Sí, yo reconozco que el sistema brasileño de enseñanza no es bueno. No soy pesimista y sé que puede mejorar, no suelo hablar mal todo el tiempo del gobierno y de los profesores y las escuelas, no me van los clichés, porque yo también estudié toda mi vida en escuelas públicas y no me quejo, porque tuve una buena enseñanza, tuve buenos profesores. Si yo conozco algunas palabras y expresiones que no son comunes en el lenguaje corriente, como ser "ensinança", "quedar", "quedar-se", "olvidar", etc., es porque hablo español y además leo mucho y aprendo nuevas formas de expresarme. La verdad es que apenas uso esas expresiones y palabras porque me gusta que me comprendan. Sé que en portugués son correctas formas como "lho", "mo", "no-lo", pero ¿son adecuadas? ¿La gente entenderá lo que digo? ¿No suenan rarísimas esas formas en Brasil? Lo mismo pasa en español.
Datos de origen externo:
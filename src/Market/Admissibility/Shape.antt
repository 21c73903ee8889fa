-- ===== src/Market/Admissibility/Shape.antt =====
-- What the neighbour test of a curve says of the whole curve.
use volengine.Base.{◌≡◌, ◌↔◌, refl, true, false, List, [], ◌∷◌, arith, All, All-map}
use volengine.Base.Floats.{Float, IsOrdered, le-not_lt, not_lt-le}
use volengine.Market.Quotes.{OptionKindD, call, put}
use volengine.Market.Admissibility.{breaks_from, breaks_monotonicity, disordered}

module _ {F : Type 0} ⦃f : Float F⦄ where
  -- A call's price does not rise with the strike, a put's does not fall.
  abbrev pub Ordered : OptionKindD → F → F × F → Type 0
  Ordered call near (k, far) = f.le far near ≡ true
  Ordered put near (k, far) = f.le near far ≡ true

  -- Every price is in order with every later one.
  abbrev pub AllOrdered : OptionKindD → List (F × F) → Type 0
  AllOrdered kind [] = Unit {0}
  AllOrdered kind ((k, near) ∷ prices) = All (Ordered kind near) prices × AllOrdered kind prices

  abbrev pub IsNumber : F × F → Type 0
  IsNumber (k, p) = f.le p p ≡ true

  module _ (laws : IsOrdered F) where
    open laws use {le_trans}

    Ordered-trans :
        (kind : OptionKindD) (a b k : F) (p : F × F)
        → Ordered kind a (k, b)
        → Ordered kind b p
        → Ordered kind a p
    Ordered-trans call a b k (j, c) h t = le_trans c b a t h
    Ordered-trans put a b k (j, c) h t = le_trans a b c h t

    Ordered-step :
        (kind : OptionKindD) (a k b : F)
        → f.le a a ≡ true
        → f.le b b ≡ true
        → disordered kind a b ≡ false
        → Ordered kind a (k, b)
    Ordered-step call a k b x y h = not_lt-le laws a b x y h
    Ordered-step put a k b x y h = not_lt-le laws b a y x h

    Ordered-not :
        (kind : OptionKindD) (a k b : F) → Ordered kind a (k, b) → disordered kind a b ≡ false
    Ordered-not call a k b h = le-not_lt laws b a h
    Ordered-not put a k b h = le-not_lt laws a b h

    from_Ordered :
        (kind : OptionKindD) (near : F) (prices : List (F × F))
        → f.le near near ≡ true
        → All IsNumber prices
        → breaks_from kind near prices ≡ false
        → All (Ordered kind near) prices × AllOrdered kind prices
    unfolding breaks_from
    from_Ordered kind near [] n ns h = (tt, tt)
    from_Ordered kind near ((k, far) ∷ prices) n ns h =
        let here : disordered kind near far ≡ false = ground arith in
        let rest : breaks_from kind far prices ≡ false = ground arith in
        let step = Ordered-step kind near k far n ns.0 here in
        let (later, all) = from_Ordered kind far prices ns.0 ns.1 rest in
        (
          (
            step,
            All-map (Ordered kind far) (Ordered kind near) prices
                (λ p t. Ordered-trans kind near far k p step t) later,
          ),
          (later, all),
        )

    to_unbroken :
        (kind : OptionKindD) (near : F) (prices : List (F × F))
        → All (Ordered kind near) prices
        → AllOrdered kind prices
        → breaks_from kind near prices ≡ false
    unfolding breaks_from
    to_unbroken kind near [] h a = refl
    to_unbroken kind near ((k, far) ∷ prices) h a =
        ground (arith, Ordered-not kind near k far h.0, to_unbroken kind far prices a.0 a.1)

    -- For prices that are numbers, the test of neighbours finds nothing exactly when every price of the
    -- curve is in order with every later one: calls never rise with the strike, puts never fall.
    pub breaks_monotonicity_lem :
        (kind : OptionKindD) (prices : List (F × F))
        → All IsNumber prices
        → (breaks_monotonicity prices kind ≡ false) ↔ AllOrdered kind prices
    unfolding breaks_monotonicity
    breaks_monotonicity_lem kind [] ns = (λ h. tt, λ h. refl)
    breaks_monotonicity_lem kind ((k, near) ∷ prices) ns =
        (λ h. from_Ordered kind near prices ns.0 ns.1 h, λ a. to_unbroken kind near prices a.0 a.1)
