-- ===== src/Platform/Metrics.antt =====
-- volengine/platform/metrics.py: the metrics port. A sink is the list of what was sent to it, in order.
use volengine.Base.{ℕ, ◌+◌, String, ◌≡◌, List, [], ◌∷◌, ◌++◌, arith}
use volengine.Base.Keys.{◌==◌, string_key}
use volengine.Base.{if◌then◌else◌}

abbrev pub Tags : Type 0
Tags = List (String × String)

-- One call of the sink: `counter(name, value, **tags)`, `gauge` and `timing`.
pub data Measurement (F : Type 0) : Type 0 where
  counter : String → ℕ → Tags → Measurement F
  gauge : String → F → Tags → Measurement F
  timing : String → F → Tags → Measurement F

module _ {F : Type 0} where
  -- What the calls of `counter` under one name add up to.
  unfoldable pub total : String → List (Measurement F) → ℕ
  total name [] = 0
  total name (counter n v tags ∷ log) = (if n == name then v else 0) + total name log
  total name (_ ∷ log) = total name log

  pub total-append :
      (name : String) (a b : List (Measurement F))
      → total name (a ++ b) ≡ total name a + total name b
  unfolding total
  total-append name [] b = omega arith
  total-append name (counter n v tags ∷ a) b = omega (arith, total-append name a b)
  total-append name (_ ∷ a) b = total-append name a b
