-- ===== src/Market/BuildSnapshot.antt =====
-- volengine/market_data/application/build_snapshot.py: one market's snapshotting cycle.
pub mod Outcomes
pub mod Cycle
pub mod Pace
use volengine.Base.{
  ℕ, suc, String, Bool, true, false, Option, none, some, List, [], ◌∷◌, ◌++◌, if◌then◌else◌,
}
use volengine.Base.Results.{Result, ok, err, value_error, guard, ◌>>=◌, ◌>>◌}
use volengine.Base.Instants.{Instant}
use volengine.Base.Floats.{Float, IsComparable}
use volengine.Platform.Metrics.{Measurement, counter, gauge}
use volengine.Contracts.Snapshot.{MarketSnapshot}
use volengine.Market.Forward.{positive_number}
use volengine.Market.Conventions.{MarketConventions}
use volengine.Market.Admissibility.{AdmissibilityThresholds}
use volengine.Market.QuoteChain.{QuoteChain, max_relative_move_since_baseline, reset_move_baseline}
use volengine.Market.ChainSnapshot.{ChainSlice, ChainSnapshot, snapshot}
use volengine.Market.SnapshotPolicy.{
  SnapshotPolicyConfig, cadence_elapsed, is_due, should_emit, assess_quality,
}
use volengine.Market.Acl.{build_snapshot_id, clock_skew_seconds, to_market_snapshot}

-- What a market configures, with the spelling of a snapshot's identity.
pub record Settings (F : Type 0) : Type 0 where
  pub conventions : MarketConventions
  pub thresholds : AdmissibilityThresholds F
  pub policy : SnapshotPolicyConfig F
  pub max_skew_seconds : F
  pub digits : ℕ → String
  pub join : String → String → String

-- The fields of the use case that change, and what it sent to the metrics.
pub record Builder (F : Type 0) : Type 0 where
  pub chain : QuoteChain F
  pub last_emit : Option Instant
  pub sequence : ℕ
  pub log : List (Measurement F)

module _ {F : Type 0} ⦃f : Float F⦄ where
  -- `BuildSnapshotUseCase(...)`
  unfoldable pub build_snapshot_use_case : Settings F → QuoteChain F → Result (Builder F)
  build_snapshot_use_case s chain = do
    guard (positive_number s.max_skew_seconds) value_error
    ok (record { chain = chain; last_emit = none; sequence = 0; log = [] })

module _ {F : Type 0} where
  unfoldable pub observe_degraded : MarketSnapshot F → List (Measurement F)
  observe_degraded m =
      if m.quality.degraded
      then counter "marketdata.snapshot.degraded" 1 (("market", m.market_id) ∷ []) ∷ []
      else []

  -- `_observe`
  unfoldable pub observe : MarketSnapshot F → F → List (Measurement F)
  unfolding observe_degraded
  observe m skew =
      let tags = ("market", m.market_id) ∷ [] in
      counter "marketdata.snapshot.published" 1 tags
      ∷ gauge "marketdata.clock_skew_seconds" skew tags
      ∷ gauge "marketdata.coverage_ratio" m.quality.coverage_ratio tags
      ∷ gauge "marketdata.max_age_seconds" m.quality.max_age_seconds tags
      ∷ observe_degraded m

module _ {F : Type 0} ⦃f : Float F⦄ ⦃c : IsComparable F⦄ where
  -- The coverage half of the policy, asked on the frozen view.
  unfoldable pub after_due :
      Settings F → Instant → Builder F → F → Bool → Result (Option (ChainSnapshot F))
  after_due s now b move false = ok none
  after_due s now b move true = do
    frozen ← snapshot s.conventions s.thresholds b.chain now
    emit ← should_emit s.policy frozen.stats move b.last_emit now
    ok (if emit then some frozen else none)

  -- The rest of the timing half.
  unfoldable pub after_cadence :
      Settings F → Instant → Builder F → Bool → Result (Option (ChainSnapshot F))
  unfolding after_due
  after_cadence s now b false = ok none
  after_cadence s now b true = do
    let move = max_relative_move_since_baseline b.chain
    due ← is_due s.policy move b.last_emit now
    after_due s now b move due

  -- `build` up to the last answer of the policy: the frozen view, or `None`.
  unfoldable pub gate : Settings F → Instant → Builder F → Result (Option (ChainSnapshot F))
  unfolding after_cadence
  gate s now b = do paced ← cadence_elapsed s.policy b.last_emit now; after_cadence s now b paced

  unfoldable pub translated : Settings F → Builder F → ChainSnapshot F → Result (MarketSnapshot F)
  translated s b frozen = do
    identity ← build_snapshot_id s.digits s.join frozen.market_id b.sequence
    to_market_snapshot frozen identity (assess_quality s.policy frozen.stats) s.max_skew_seconds

  -- The state after an emission.
  unfoldable pub advanced : Instant → Builder F → ChainSnapshot F → MarketSnapshot F → Builder F
  advanced now b frozen m = record {
    chain = reset_move_baseline b.chain;
    last_emit = some now;
    sequence = suc b.sequence;
    log = b.log ++ observe m (clock_skew_seconds frozen);
  }

  unfoldable pub committed :
      Instant
      → Builder F
      → ChainSnapshot F
      → Result (MarketSnapshot F)
      → Result (Option (MarketSnapshot F)) × Builder F
  unfolding advanced
  committed now b frozen (err e) = (err e, b)
  committed now b frozen (ok m) = (ok (some m), advanced now b frozen m)

  -- `if not snapshot.slices`, and what follows it
  unfoldable pub publish_unless_empty :
      Settings F
      → Instant
      → Builder F
      → ChainSnapshot F
      → List (ChainSlice F)
      → Result (Option (MarketSnapshot F)) × Builder F
  unfolding committed translated
  publish_unless_empty s now b frozen [] = (
    ok none,
    record b {
      log = b.log ++ counter "marketdata.snapshot.empty" 1 (("market", frozen.market_id) ∷ []) ∷ [];
    },
  )
  publish_unless_empty s now b frozen (_ ∷ _) = committed now b frozen (translated s b frozen)

  unfoldable pub after_gate :
      Settings F
      → Instant
      → Builder F
      → Result (Option (ChainSnapshot F))
      → Result (Option (MarketSnapshot F)) × Builder F
  unfolding publish_unless_empty
  after_gate s now b (err e) = (err e, b)
  after_gate s now b (ok none) = (ok none, b)
  after_gate s now b (ok (some frozen)) = publish_unless_empty s now b frozen frozen.slices

  -- `build`, with the one reading of the clock
  unfoldable pub build :
      Settings F → Instant → Builder F → Result (Option (MarketSnapshot F)) × Builder F
  unfolding gate after_gate
  build s now b = after_gate s now b (gate s now b)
Que algunas palabras se registren en el diccionario no quiere decir que son usuales y que la gente las comprenda. Además, decir que la gente "común" y "mortal" (me incluyo) no conoce y no comprende esas expresiones no es lo mismo que aseverar que la enseñanza es de mala calidad, porque conocer lenguaje arcaizante y usarla no significa ser bien instruido, significa que algunas personas se quedarán excluidas de la conversación, de la comprensión de lo que sucede. Ésa es la lógica, para mí está muy claro.


----------



## WAMES.UY

patriota said:


> Agora vejo que meus comentários foram exagerados. Realmente, errei ao dizer "inacessível". Acredito que quem tenha o costume de ler consiga entender a citação toda sem dificuldade, dentro do contexto. Também não é uma linguagem surpreendentemente rebuscada _para um juiz_ ou outro profissional que utilize esse nível da língua. O que eu dizer é que falar desse modo, no contexto de uma conversa, por exemplo, seria rebuscado (e mantenho o disse sobre o verbo _quedar_ no Brasil). "Inspirar cuidados" chega a ser poético, porque o uso popular de _inspirar _é o da arte e do amor.
> 
> Sobre _morar_, foi um lapso de nosso amigo *WAMES.UY*. Ele quis dizer "apenas se usa em português".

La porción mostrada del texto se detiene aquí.